Cinema com Rapadura

OPINIÃO   domingo, 19 de outubro de 2014

O Juiz (2014): Robert Downey Jr. estrela eficiente drama familiar

Um tão típico quanto eficiente feel good movie hollywoodiano tem no talento e carisma do ator sua principal força.

Robert DowneyO Juiz Jr. é, de alguns anos para cá, o ator mais valorizado de Hollywood. Após dar a volta por cima em sua vida e carreira como o super-herói canastrão Homem de Ferro, o ator vem galgando espaços (e cachês!) cada vez maiores no mercado cinematográfico, chegando a negociar cifras inimagináveis para aceitar um papel. Excessos à parte, é algo absolutamente merecido, tamanho é o carisma e talento do nosso Tony Stark. Neste “O Juiz”, sua participação basicamente sustenta o filme inteiro, construindo dinâmicas interessantes com os outros personagens, fazendo com que um simples feel good movie hollywoodiano se torne um ótimo entretenimento.

O longa acompanha um recorte da vida de Hank Palmer (Downey Jr.), um advogado importante de uma grande metrópole dos Estados Unidos que se vê obrigado a voltar a sua pacata cidade natal quando a notícia do falecimento de sua mãe chega até ele no meio de um julgamento. Distante da família há muitos anos e com sérias desavenças com o pai (Robert Duvall), um juiz local respeitado e importante que está sendo acusado de assassinato, Hank irá passar por provações que colocarão todo o seu talento como homem da lei à prova, bem como sua capacidade de encarar os fantasmas do passado e de se reconectar com um lado importante da sua vida que, com o tempo, foi sendo deixado de lado.

Do ponto de vista do roteiro, escrito por Nick Schenk, Bill Dubuque e David Dobkin, este também responsável pela direção, a fita não reserva grandes surpresas. Segue mais ou menos aquele padrão das obras de tal (sub)gênero que saem constantemente da indústria norte-americana todos os anos. O diferencial, aqui, é mesmo a qualidade da interação entre os personagens, representados com excelência pelos nomes já citados anteriormente. Assim, é comovente ver um artista consagrado como Robert Duvall, no alto de seus 83 anos de idade, se entregar com tamanha paixão e competência a um papel, conferindo uma força contagiante na construção da sua relação com o personagem de Downey Jr. Com um papel um pouco menor, ainda temos Vera Farmiga transbordando talento como uma mulher do passado de Hank.

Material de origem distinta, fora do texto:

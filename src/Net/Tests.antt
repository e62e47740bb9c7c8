-- ===== src/Net/Tests.antt =====
-- The theorems on timers and routes at small lists and tables.
use xinu_swd.Prelude.{
  ℕ, ◌≤◌, ◌≡◌, refl, Bool, true, false, Option, none, some, List, [], ◌∷◌, arith, if◌then◌else◌,
  ◌==◌,
}
use xinu_swd.Prelude.Int.{pos, ◌+ℤ◌, ◌-ℤ◌, ◌==ℤ◌}
use xinu_swd.Conf.{ok}
use xinu_swd.Net.Timer
use xinu_swd.Net.Timer.Schedule.{alarms, in_order, without, tmset-alarms, tmclear-tmset}
use xinu_swd.Net.Timer.Expire.{IsElapsed, RoundIs, timer_round-RoundIs}
use xinu_swd.Net.Addr.{IpAddr}
use xinu_swd.Net.Route.{Route, Rtinfo, rtadd, rthash, mask_key}
use xinu_swd.Net.Route.Order.{IsBucket}
use xinu_swd.Net.Route.Add.{rtadd-IsBucket}
use xinu_swd.Net.Route.Lookup.{rtget, refer, is_usable}
use xinu_swd.Net.Route.Longest.{rtget-longest}
use xinu_swd.Net.Route.Aging.Survivors.{survivors}

-- Two timers, due after 50 and 170.
abbrev two_timers : List Timer.Tqent
two_timers =
    record { timeleft = 50; time = 1000; port = 1; portlen = 20; msg = 11 }
    ∷ record { timeleft = 120; time = 1000; port = 1; portlen = 20; msg = 19 }
    ∷ []

tmset-alarms_example :
    alarms 0 (Timer.tmset 1030 1 20 27 100 two_timers).0
    ≡ in_order
        (record { at = 100; port = 1; portlen = 20; msg = 27 })
        (without 1 27 (alarms 0 two_timers))
tmset-alarms_example = tmset-alarms 1030 1 20 27 100 two_timers

tmset_runs :
    (Timer.tmset 1030 1 20 27 100 two_timers).0
    ≡ record { timeleft = 50; time = 1000; port = 1; portlen = 20; msg = 11 }
      ∷ record { timeleft = 50; time = 1030; port = 1; portlen = 20; msg = 27 }
      ∷ record { timeleft = 70; time = 1000; port = 1; portlen = 20; msg = 19 }
      ∷ []
unfolding Timer.tmset Timer.tmclear Timer.place
tmset_runs = refl

tmclear-tmset_example :
    (Timer.tmleft 1 27 (Timer.tmset 1030 1 20 27 100 two_timers).0 ≡ 100)
    × (Timer.tmclear 1090 1 27 (Timer.tmset 1030 1 20 27 100 two_timers).0
        ≡ (pos 1090 -ℤ pos 1030, two_timers))
tmclear-tmset_example = tmclear-tmset 1030 1090 1 20 27 100 two_timers (refl, (refl, tt))

-- Empty ports of twenty messages, after a round of 60 ticks and one in which the clock went back.
abbrev twenty : ℕ → ℕ
twenty port = 20

abbrev no_mail : ℕ → List ℕ
no_mail port = []

timer_round-RoundIs_example :
    RoundIs twenty 60
      (alarms 0 two_timers)
      no_mail
      (Timer.timer_round twenty (pos 1060) (pos 1000) no_mail two_timers)
unfolding ◌+ℤ◌
timer_round-RoundIs_example =
    timer_round-RoundIs twenty (pos 1060) (pos 1000) 60 no_mail two_timers
      (IsElapsed.on_time 60 (omega arith) refl) (refl, (refl, tt)) (λ i. omega arith)

abbrev mail_of : Option ((ℕ → List ℕ) × List Timer.Tqent) → Option (List ℕ × List Timer.Tqent)
mail_of none = none
mail_of (some (ports, tqs)) = some (ports 1, tqs)

timer_round_runs :
    mail_of (Timer.timer_round twenty (pos 1060) (pos 1000) no_mail two_timers)
    ≡ some (11 ∷ [], record { timeleft = 110; time = 1000; port = 1; portlen = 20; msg = 19 } ∷ [])
unfolding Timer.timer_round Timer.expire Timer.elapsed Timer.deliver Timer.post ◌-ℤ◌
timer_round_runs = refl

-- A port that is full.
timer_round_waits :
    mail_of (
      Timer.timer_round
        (λ port. 1)
        (pos 1060)
        (pos 1000)
        (λ port. 9 ∷ [])
        (record { timeleft = 50; time = 1000; port = 1; portlen = 1; msg = 11 } ∷ []))
    ≡ none
unfolding Timer.timer_round Timer.expire Timer.elapsed Timer.deliver Timer.post ◌-ℤ◌
timer_round_waits = refl

abbrev ip : ℕ → ℕ → ℕ → ℕ → IpAddr
ip a b c d = record { b0 = a; b1 = b; b2 = c; b3 = d }

-- A route to 10.0.0.0/8.
abbrev class_a : Route
class_a = record {
  net = ip 10 0 0 0;
  mask = ip 255 0 0 0;
  gw = ip 10 0 0 1;
  metric = pos 2;
  ifnum = pos 1;
  key = 8;
  ttl = pos 100;
  refcnt = 1;
  usecnt = 0;
}

abbrev only_if : Bool → List Route
only_if b = if b then class_a ∷ [] else []

abbrev one_route : Rtinfo
one_route = record {
  table = λ i. only_if (i == 10);
  default = none;
  valid = true;
  bpool = 99;
  removed = [];
  dorip = true;
  notes = 0;
}

abbrev nothing : ℕ → ℕ
nothing n = 0

only_if-IsBucket : (b : Bool) → IsBucket (only_if b)
unfolding mask_key
only_if-IsBucket true = (refl, tt, tt)
only_if-IsBucket false = tt

rtadd-IsBucket_example :
    (r' : Rtinfo) × (rtadd 0 nothing
        (ip 10 1 0 0)
        (ip 255 255 0 0)
        (ip 10 0 0 2)
        (pos 1)
        (pos 1)
        (pos 100)
        one_route
      ≡ some (ok, r'))
    × ((i : ℕ) → IsBucket (r'.table i))
rtadd-IsBucket_example =
    rtadd-IsBucket 0 nothing (ip 10 1 0 0) (ip 255 255 0 0) (ip 10 0 0 2) (pos 1) (pos 1) (pos 100)
      one_route refl (omega arith) (λ i. only_if-IsBucket (i == 10))

rtget-longest_example :
    (prt : Route) × ((rtget 0 nothing (λ a. false) (ip 10 1 2 3) true one_route).0
      ≡ some (refer prt))
    × (is_usable (λ a. false) (ip 10 1 2 3) true prt ≡ true)
    × (8 ≤ prt.key)
unfolding rthash is_usable xinu_swd.Net.Addr.netmatch
rtget-longest_example =
    rtget-longest 0 nothing (λ a. false) (ip 10 1 2 3) true one_route 0 {q = class_a} refl
      (only_if-IsBucket true) refl refl

-- A permanent route stays, and one whose time is over is announced to be out of reach.
survivors_run :
    survivors true (pos 5) (record class_a { ttl = pos 999 } ∷ record class_a { ttl = pos 3 } ∷ [])
    ≡ record class_a { ttl = pos 999 } ∷ record class_a { metric = pos 16; ttl = pos 115 } ∷ []
unfolding ◌==ℤ◌ ◌-ℤ◌
survivors_run = refl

Relação essa que encontra uma bonita ressonância na relação do próprio Hank com sua filha pequena, Lauren. Quando esta vai passar o final de semana com o pai, a convivência entre os dois serve como um espelho de tudo o que um dia houve de bom naquele degradado ambiente familiar, assim como o que hoje há de ruim, quando ela pergunta, por exemplo, por que o pai vai se divorciar da sua mãe. Outro momento pontual bastante sintomático ocorre quando Hank vai apresentá-la ao avô pela primeira vez, alertando-a de que ele pode vir a ser rabugento e não muito cortês, o que acaba por se provar um exagero de sua parte, com avô e neta desenvolvendo uma relação de carinho que há muito havia sido perdida quando se trata de pai e filho, fazendo com que o protagonista passe a refletir sobre sua convicções e relativizá-las em certa medida.

Com a fotografia a cargo do experiente Janusz Kaminski, autor de trabalhos memoráveis com Steven Spielberg como os de “O Resgate do Soldado Ryan” e mais recentemente “Lincoln” e “Cavalo de Guerra”, o polonês utiliza bem o contraste e os tons frios e pasteurizados para criar uma atmosfera de distanciamento e melancolia entre os personagens, ilustrando com precisão a tristeza daquele lugar. Além disso, o longa é pontuado também por uma trilha sonora eficiente, apesar de não particularmente marcante, que em nenhum momento soa intrusiva ou exagerada, sendo usada corretamente como uma ferramenta auxiliar e discreta, e não para reforçar ainda mais o “dramalhão” acompanhado em tela.

Existe um motivo para que filmes com tais temáticas sejam, em geral, bem recebidos pelo grande público. São obras que tratam de problemas muito comuns para essas pessoas; o distanciamento de um familiar – ou mesmo a perda de um; relacionamentos mal resolvidos do passado; a tentativa de reconciliação com a família. Somos colocados frente a situações semelhantes com certa frequência, e ver uma história com a qual podemos nos identificar dessa forma, com ótimas atuações e uma parte técnica afiada, ainda que apoiada em um roteiro padrão, é sempre algo confortante e bem-vindo.